The Horizon Data VM, which obviously handles the Files / Data side of things in workspace, includes several VMDKs (which are, fortunately, thin provisioned).


If you’re running a small-scale deployment (e.g. an evaluation or demo environment), you can stick with the default configuration of having Horizon Data store things inside the VMDKs.

In production environments, however, it is recommended to use NFS storage for Horizon Data (how to add an NFS mount is documented here).
It’s worth noting that this NFS volume will be mounted into the VM, not to the ESXi Host(s).
This means that the NFS traffic will be using the VM Network that the Horizon Data VM is connected to, rather than a VMKernel connection to the ESXi Hosts – so it’s worth considering whether this network will have connectivity to your NFS storage array as well as how much available bandwidth / performance there will be for NFS traffic on that network.

In any case, they key thing to bear in mind is that Horizon Data uses a mysql database to index the files that users upload. Mysql then stores these files as Blobs.



What is a Blob?
Image courtesy of wikipedia

A Blob is a Binary Large Object, which is basically a method for storing pretty much any kind of file within a table in a database.

To me, this makes a lot of sense – rather than having unstructured data scattered around a filesystem, the database keeps everything neat & tidy.

I like to think of it like this…back in 2002, I converted most of my CD collection into MP3s, and went to a lot of trouble to keep my MP3 files organized – each artist had a folder, and inside there was a folder for each album.
I started off with about 5GB of Music, which was probably like 30 folders of stuff. At the time, I used to browse through the folders, find things I wanted to listen to, then drag them into a music player (I was a big fan of WinAmp!).

11 years later, and I now have nearly 40GB of Music. I’ve been through 6 laptops in that time, and 3 USB hard drives.
The last time I looked at my Music folder, it was a mess. There was a bunch of duplicate files & folders, things in the wrong place, things missing (some laptop migrations were a result of hard drive failures!).
So, browsing through the folders and dragging things into a music player just doesn’t work.

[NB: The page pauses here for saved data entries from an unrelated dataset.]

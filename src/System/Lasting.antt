-- ===== src/System/Lasting.antt =====
-- A token that is complete stays complete.
use mesquitte_client.Base.{
  ℕ, suc, ◌≡◌, ap, ◌∙◌, Bool, true, false, List, [], ◌∷◌, arith, get, some, nat_key, nat_beq, inl,
  inr, Bool-cases,
}
use mesquitte_client.Codec.{Codec}
use mesquitte_client.Token.{
  Token, connect, disconnect, publish, subscribe, unsubscribe, TokenError, Tokens, set_error,
  flow_complete, poll, connection_lost, state_of, set_result, set_session_present, token_beq_iff,
  modify, ConnectOwn, SubscribeOwn, UnsubscribeOwn,
}
use mesquitte_client.Token.Laws.{state_of-set_error, state_of-flow_complete, state_of-poll}
use mesquitte_client.Pkid.{fail_all}
use mesquitte_client.State.{Cache, World}
use mesquitte_client.Net.{suback_loop, suback_round}
use mesquitte_client.Net.Subscribing.{state-modify}
use mesquitte_client.Client.{mark_session}

module _ {k : Codec} where
  abbrev pub IsDone : Token → Tokens k → Type 0
  IsDone t ts = (state_of t ts).complete ≡ true

  -- What is complete stays so.
  abbrev pub Lasts : Tokens k → Tokens k → Type 0
  Lasts ts ts' = (u : Token) → IsDone u ts → IsDone u ts'

  pub set_error-IsDone : (t : Token) (e : TokenError) (ts : Tokens k) → IsDone t (set_error t e ts)
  set_error-IsDone t e ts = ground (arith, state_of-set_error ts t t e, token_beq_iff t t)

  pub flow_complete-IsDone : (t : Token) (ts : Tokens k) → IsDone t (flow_complete t ts)
  flow_complete-IsDone t ts = ground (arith, state_of-flow_complete ts t t, token_beq_iff t t)

  pub set_error-Lasts : (t : Token) (e : TokenError) (ts : Tokens k) → Lasts ts (set_error t e ts)
  set_error-Lasts t e ts u h = ground (arith, state_of-set_error ts t u e)

  pub flow_complete-Lasts : (t : Token) (ts : Tokens k) → Lasts ts (flow_complete t ts)
  flow_complete-Lasts t ts u h = ground (arith, state_of-flow_complete ts t u)

  pub poll-Lasts : (w : ℕ) (t : Token) (ts : Tokens k) → Lasts ts (poll w t ts).0
  poll-Lasts w t ts u h = ground (arith, state_of-poll ts w t u)

  pub fail_all-Lasts : (m : List (ℕ × Token)) (ts : Tokens k) → Lasts ts (fail_all m ts)
  unfolding fail_all
  fail_all-Lasts [] ts u h = h
  fail_all-Lasts ((_, t) ∷ m) ts u h =
      fail_all-Lasts m (set_error t connection_lost ts) u (set_error-Lasts t connection_lost ts u h)

  pub fail_all-IsDone :
      (m : List (ℕ × Token)) (ts : Tokens k) (id : ℕ) (t : Token)
      → get id m ≡ some t
      → IsDone t (fail_all m ts)
  unfolding fail_all get
  fail_all-IsDone [] ts id t h = cc
  fail_all-IsDone ((j, x) ∷ m) ts id t h = elim (Bool-cases (nat_beq j id)) [
    | inl same ↦
        let e : x ≡ t = ground arith in
        fail_all-Lasts m (set_error x connection_lost ts) t
          (rw (← e) (set_error-IsDone x connection_lost ts))
    | inr other ↦ fail_all-IsDone m (set_error x connection_lost ts) id t (ground arith)
  ]

  -- Writing what a token has of its own
  pub connects-Lasts :
      (r : ℕ) (f : ConnectOwn k → ConnectOwn k) (ts : Tokens k)
      → Lasts ts (record ts { connects = modify r f ts.connects })
  unfolding state_of
  connects-Lasts r f ts (connect s) h = ap (λ x. x.complete) (state-modify r s f ts.connects).0 ∙ h
  connects-Lasts r f ts (disconnect s) h = h
  connects-Lasts r f ts (publish s) h = h
  connects-Lasts r f ts (subscribe s) h = h
  connects-Lasts r f ts (unsubscribe s) h = h

  pub subscribes-Lasts :
      (r : ℕ) (f : SubscribeOwn k → SubscribeOwn k) (ts : Tokens k)
      → Lasts ts (record ts { subscribes = modify r f ts.subscribes })
  unfolding state_of
  subscribes-Lasts r f ts (connect s) h = h
  subscribes-Lasts r f ts (disconnect s) h = h
  subscribes-Lasts r f ts (publish s) h = h
  subscribes-Lasts r f ts (subscribe s) h =
      ap (λ x. x.complete) (state-modify r s f ts.subscribes).0 ∙ h
  subscribes-Lasts r f ts (unsubscribe s) h = h

  pub unsubscribes-Lasts :
      (r : ℕ) (f : UnsubscribeOwn → UnsubscribeOwn) (ts : Tokens k)
      → Lasts ts (record ts { unsubscribes = modify r f ts.unsubscribes })
  unfolding state_of
  unsubscribes-Lasts r f ts (connect s) h = h
  unsubscribes-Lasts r f ts (disconnect s) h = h
  unsubscribes-Lasts r f ts (publish s) h = h
  unsubscribes-Lasts r f ts (subscribe s) h = h
  unsubscribes-Lasts r f ts (unsubscribe s) h =
      ap (λ x. x.complete) (state-modify r s f ts.unsubscribes).0 ∙ h

  pub mark_session-Lasts : (b : Bool) (r : ℕ) (ts : Tokens k) → Lasts ts (mark_session b r ts)
  mark_session-Lasts true r ts = connects-Lasts r set_session_present ts
  mark_session-Lasts false r ts = λ u h. h

pub suback_loop-Lasts :
    {k : Codec} {c : Cache k.PublishPacket} (i : ℕ) (codes : List k.SubscribeReturnCode) (r : ℕ)
    (w : World k c)
    → Lasts w.tokens (suback_loop i codes r w).tokens
unfolding suback_loop
suback_loop-Lasts i [] r w u h = h
suback_loop-Lasts i (code ∷ codes) r w u h =
    suback_loop-Lasts (suc i) codes r (suback_round i code r w) u
      (subscribes-Lasts r (set_result i code) w.tokens u h)
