-- ===== src/Control/Book/Removed.antt =====
-- core/control/subscriptions.go: what a deletion and a failed update leave in the store.
use sora_client.Prelude.{
  ℕ, zero, suc, ◌+◌, ◌<◌, arith, subst, str_eq_iff, ◌≡◌, refl, sym, ap, ◌∙◌, String, true, false,
  Bool-cases, Option, none, some, List, [], ◌∷◌, ◌++◌, inl, inr, length, str_eq, if◌then◌else◌,
  if-both,
}
use mathlib.Core.List.{Memᴰ}
use sora_client.Plan.Names.{lookup, mem, mem-append}
use sora_client.Subscription.Info.{Info}
use sora_client.Secret.Items.{Bytes, Items, str_eq_refl}
use sora_client.Secret.Store.{
  Failure, Store, World, validate_reference, get, found, not_stored, apply,
}
use sora_client.Secret.Store.Atomic.{IsAtomic, apply-IsAtomic, get-found}
use sora_client.Control.Book.Record.{
  Record, Records, Book, Codec, record_ref, list_ref, part_refs, set, unset, without, persist,
  persist_raw, stored_in, part_puts, StoredError,
}
use sora_client.Control.Book.Save.{removed, delete_found, delete, refs_of, no_subscription}
use sora_client.Control.Book.Update.{
  Imported, Answer, with_updating, attempted, with_info, failed_with, updated, with_record, listed,
  apply_raw, apply_update, put_failed, update_failed, update_applied, take_answer, finish_found,
  finish, specs, documents, references, dropped,
}

lookup-unset : (k : String) (m : Records) → lookup k (unset k m) ≡ none
lookup-unset k [] = refl
lookup-unset k ((j, r) ∷ rest) = elim (Bool-cases (str_eq k j)) [
  | inl e ↦ rw e (lookup-unset k rest)
  | inr e ↦ rw (e, e) (lookup-unset k rest)
]

lookup-set : (k : String) (r : Record) (m : Records) → lookup k (set k r m) ≡ some r
lookup-set k r [] = rw (str_eq_refl k) refl
lookup-set k r ((j, s) ∷ rest) = elim (Bool-cases (str_eq k j)) [
  | inl e ↦ rw (e, str_eq_refl k) refl
  | inr e ↦ rw (e, e) (lookup-set k r rest)
]

-- The references of a subscription's values in the store: its entry, its servers, and the parts of its
-- list, which are numbered from 0.
pub data Belongs (id : String) (rec : Record) (k : String) : Type 0 where
  entry : k ≡ record_ref id → Belongs id rec k
  of_server : Memᴰ k rec.servers → Belongs id rec k
  of_list : (part : ℕ) → part < rec.list_parts → k ≡ list_ref id part → Belongs id rec k

mem-Memᴰ : (k : String) (ks : List String) → Memᴰ k ks → mem k ks ≡ true
mem-Memᴰ k [] m = elim m [ ]
mem-Memᴰ k (j ∷ ks) (Memᴰ.head e) = rw ((str_eq_iff k j).1 e) refl
mem-Memᴰ k (j ∷ ks) (Memᴰ.tail m) = ground (arith, mem-Memᴰ k ks m)

Memᴰ-mem : (k : String) (ks : List String) → mem k ks ≡ true → Memᴰ k ks
Memᴰ-mem k [] h = absurd (ground arith)
Memᴰ-mem k (j ∷ ks) h = elim (Bool-cases (str_eq k j)) [
  | inl e ↦ Memᴰ.head ((str_eq_iff k j).0 e)
  | inr e ↦ Memᴰ.tail (Memᴰ-mem k ks (ground arith))
]

-- The references of the parts from one on.
part_refs-mem :
    (id : String) (first left part : ℕ)
    → part < left
    → mem (list_ref id (first + part)) (part_refs id first left) ≡ true
unfolding part_refs
part_refs-mem id first zero part h = absurd (omega arith)
part_refs-mem id first (suc left) zero h =
    let same : first + 0 ≡ first = omega arith in rw (same, str_eq_refl (list_ref id first)) refl
part_refs-mem id first (suc left) (suc part) h =
    let later = part_refs-mem id (suc first) left part (omega arith) in
    let same : suc first + part ≡ first + suc part = omega arith in
    let there : mem (list_ref id (first + suc part)) (part_refs id (suc first) left) ≡ true =
      subst (λ n. mem (list_ref id n) (part_refs id (suc first) left) ≡ true) same later in
    ground arith

mem-part_refs :
    (id k : String) (first left : ℕ)
    → mem k (part_refs id first left) ≡ true
    → (part : ℕ) × ((part < left) × (k ≡ list_ref id (first + part)))
unfolding part_refs
mem-part_refs id k first zero h = absurd (ground arith)
mem-part_refs id k first (suc left) h = elim (Bool-cases (str_eq k (list_ref id first))) [
  | inl e ↦ (
    0,
    (omega arith, (str_eq_iff k (list_ref id first)).0 e ∙ ap (λ n. list_ref id n) (omega arith)),
  )
  | inr e ↦
      let (part, (l, q)) = mem-part_refs id k (suc first) left (ground arith) in
      (suc part, (omega arith, q ∙ ap (λ n. list_ref id n) (omega arith)))
]

-- The references that `delete` removes are those of the subscription.
refs_of-Belongs :
    (id : String) (rec : Record) (k : String) → Belongs id rec k → mem k (refs_of id rec) ≡ true
unfolding refs_of
refs_of-Belongs id rec k (entry e) = rw ((str_eq_iff k (record_ref id)).1 e) refl
refs_of-Belongs id rec k (of_server m) =
    let h = mem-Memᴰ k rec.servers m in
    let a = mem-append k rec.servers (part_refs id 0 rec.list_parts) in ground arith
refs_of-Belongs id rec k (of_list part l e) =
    let h = part_refs-mem id 0 rec.list_parts part l in
    let same : 0 + part ≡ part = omega arith in
    let k_in : mem k (part_refs id 0 rec.list_parts) ≡ true = rw e (rw same at h) in
    let a = mem-append k rec.servers (part_refs id 0 rec.list_parts) in ground arith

The last time I migrated my laptop, rather than copy the files over myself, I used iTunes to import everything, with these 2 options set:


 




Now, I see all my music in one place, and click on whatever I want to play. I don’t care where iTunes stores each file. If & when I need to migrate off this laptop, I’ll just Export my iTunes Library.







So, getting back to Horizon Data.
Here’s a file I made earlier, and uploaded into my Horizon Data folder.

If I log into the Horizon Data VM (as root), I can navigate through to the directory where the blobs are stored (/opt/zimbra/store).

Inside that directory, mysql has structured things very carefully. Here’s what the blob looks like:


The path, as well as the filename are both important. AFAIK they relate to tablespaces etc within the database, I’m sure someone who understands mysql better than I do can tell you all about it. 

If I look at that .msg file, you can see it’s actually the .txt file I uploaded into my Horizon folder.

So, Horizon Data has changed the filename & extension, and manages it’s own directory structure to store things, but the actual content of my file hasn’t been modified.
From a storage perspective, this means that any block based deduplication should work very well for files stored by Horizon Data.
File based single instancing (leaving behind stub files etc) wouldn’t be a good idea, but anything block based which is invisible to the filesystem and preserves the file & directory structure should work very well at freeing up disk space.
I’d be very interested to see someone do some testing with this & see what kind of dedupe ratios they achieve.